Speaker
Description
Models based on statistical hadronisation were found to be applicable for ultra-relativistic heavy-ion experiments where high nucleon transparency is present. It is not well established whether such models are also valid for the part of the QCD diagram where the collision energies are lower (of the order of a few GeV). In our previous work, by implementing spherical fireball geometry and expansion shape corresponding to the few-GeV regime into the THERMal heavy IoN generATOR (THERMINATOR), it was possible to replicate experimental distributions of transverse-mass with satisfactory accuracy.
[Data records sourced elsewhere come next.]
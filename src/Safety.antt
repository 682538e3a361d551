-- ===== src/Safety.antt =====
-- Daily budgets (services/safety/admission.py, infrastructure/cache/web_risk_budget.py): counters in
-- Redis. `Admission` has the admission to the investigation of links, `WebRisk` the cap of the URL
-- expander, `Budget` the proofs.
pub mod Counters
pub mod Admission
pub mod WebRisk
pub mod Budget
pub mod Admitted
mod Tests
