-- ===== src/Exchange/OrderBook/MatchOrder.antt =====
-- exchange/matcher/me_order_book.cpp, match(): what one execution sends and changes.
use zquant_system.Prelude.{
  ℕ, ◌+◌, ◌-◌, min, ◌≡◌, refl, ◌⊎◌, inl, inr, List, [], ◌∷◌, ◌++◌, arith, ◌==◌, Bool-cases,
  if◌then◌else◌,
}
use zquant_system.Common.Types.{
  TickerId, ClientId, OrderId, Qty, Side, order_id_invalid, priority_invalid,
}
use zquant_system.Common.Fault.{Outcome, returns, IsFault, bind, for_all}
use zquant_system.Common.MemPool.Usage.{used, used-eq, used-freed}
use zquant_system.Messages.{MeClientResponse, MeMarketUpdate, MarketUpdateType}
use zquant_system.Book.{Book, order_at, write_order}
use zquant_system.Book.Orders.{remove_order}
use zquant_system.Book.Keeps.{Removed, remove_order-Removed}
use zquant_system.Exchange.OrderBook.Frame.{on_book-OnBook, append_twice}
use zquant_system.Exchange.OrderBook.{
  MeOrder, MeOrderKey, ClientOrderHashMap, MeOrderBook, index_write, aggressor_fill, passive_fill,
  order_update, match_order, send_client_response, send_market_update,
}

-- One execution: the passive order before it, the quantity, and what is left of the new order.
pub record Fill : Type 0 where
  pub passive : MeOrder
  pub qty : Qty
  pub leaves : Qty

-- What is left of the passive order.
abbrev pub rest_of : Fill → Qty
rest_of f = f.passive.qty - f.qty

-- The two responses and the two updates that an execution sends.
abbrev pub fill_responses :
    TickerId → ClientId → Side → OrderId → OrderId → Fill → List MeClientResponse
fill_responses ticker_id client_id side client_order_id market_order_id f =
    aggressor_fill ticker_id client_id side client_order_id market_order_id f.passive f.qty f.leaves
    ∷ passive_fill ticker_id f.passive f.qty (rest_of f)
    ∷ []

abbrev pub fill_updates : TickerId → Side → Fill → List MeMarketUpdate
fill_updates ticker_id side f =
    order_update MarketUpdateType.trade order_id_invalid ticker_id side f.passive.price f.qty
      priority_invalid
    ∷ (if rest_of f == 0
        then order_update MarketUpdateType.cancel f.passive.key.market_order_id ticker_id
            f.passive.side f.passive.price f.passive.qty priority_invalid
        else order_update MarketUpdateType.modify f.passive.key.market_order_id ticker_id
            f.passive.side f.passive.price (rest_of f) f.passive.priority)
    ∷ []

abbrev pub in_use : MeOrderBook → ℕ
in_use s = used s.book.order_pool.size s.book.order_pool.store

module _ (ticker_id : TickerId) (client_id : ClientId) (side : Side)
    (client_order_id market_order_id : OrderId) where
  -- What match() does to the messages, the pool and the quantity.
  pub record Matched (s : MeOrderBook) (itr : ℕ) (leaves : Qty) (left : Qty) (t : MeOrderBook)
      : Type 0 where
    pub responses :
        t.client_responses
        ≡ s.client_responses
          ++ fill_responses ticker_id client_id side client_order_id market_order_id (record {
            passive = order_at itr s.book;
            qty = min leaves (order_at itr s.book).qty;
            leaves = left;
          })
    pub updates :
        t.market_updates
        ≡ s.market_updates
          ++ fill_updates ticker_id side (record {
            passive = order_at itr s.book;
            qty = min leaves (order_at itr s.book).qty;
            leaves = left;
          })
    pub left_is : left ≡ leaves - min leaves (order_at itr s.book).qty
    pub next_id : t.next_market_order_id ≡ s.next_market_order_id
    pub size : t.book.order_pool.size ≡ s.book.order_pool.size
    pub progress : (left ≡ 0) ⊎ (in_use t + 1 ≡ in_use s)

  -- The passive order with the quantity that is left of it.
  abbrev reduced : ℕ → Qty → MeOrderBook → Book MeOrderKey ClientOrderHashMap
  reduced itr left s = write_order itr (λ o. record o { qty = left }) s.book

  dropped :
      (itr : ℕ) (left : Qty) (s : MeOrderBook) (c : Book MeOrderKey ClientOrderHashMap)
      → ((i : ℕ) → Removed index_write itr i (reduced itr left s) c)
      → (c.order_pool.size ≡ s.book.order_pool.size)
        × (used c.order_pool.size c.order_pool.store + 1 ≡ in_use s)
  dropped itr left s c r = ground (
    arith,
    r itr,
    used-freed s.book.order_pool.size itr (reduced itr left s).order_pool.store c.order_pool.store
        (r itr).in_range (r itr).was_used (λ i. (r i).used),
    used-eq s.book.order_pool.size s.book.order_pool.store (reduced itr left s).order_pool.store
        (λ i. ground arith),
  )

  pub match_order-Matched :
      (itr : ℕ) (leaves : Qty) (s : MeOrderBook)
      → Outcome IsFault
          (Matched s itr leaves)
          (match_order ticker_id client_id side client_order_id market_order_id itr leaves s)
  unfolding match_order send_client_response send_market_update
  match_order-Matched itr leaves s = elim (Bool-cases (rest == 0)) [
    | inl e ↦
        rw (e, match_order)
          (bind
            (on_book-OnBook (remove_order index_write itr) _
              (for_all _ (λ i. remove_order-Removed index_write itr i (reduced itr rest s))))
            (λ _ t (c, same, r). returns (
              rw same (record {
                responses = append_twice s.client_responses _ _;
                updates = rw e (append_twice s.market_updates _ _);
                left_is = refl;
                next_id = refl;
                size = (dropped itr rest s c r).0;
                progress = inr (dropped itr rest s c r).1;
              }))))
    | inr e ↦
        rw (e, match_order)
          (returns (record {
            responses = append_twice s.client_responses _ _;
            updates = rw e (append_twice s.market_updates _ _);
            left_is = refl;
            next_id = refl;
            size = refl;
            progress = inl (ground arith);
          }))
  ]
    where
      rest : Qty
      rest = (order_at itr s.book).qty - min leaves (order_at itr s.book).qty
However, rapidity distributions came out narrower than measured experimentally, which suggests a deviation from the spherical symmetry. In our current work, we introduce the spheroidal symmetry of the fireball, which in turn allows to reproduce well the rapidity distributions of the most abundant particles measured by the HADES collaboration in Au+Au 10% central collisions at $\sqrt{s_{\rm NN}}= 2.4$ GeV. We use measured particle spectra and femtoscopic correlations to constrain the parametrization of the shape and the expansion profile of the fireball. Moreover, in the light of recent publications analysing this topic, we extend our study to discuss different formulations of the statistical hadronisation models, aiming at a better understanding of the statistical nature of particle production in heavy-ion collisions.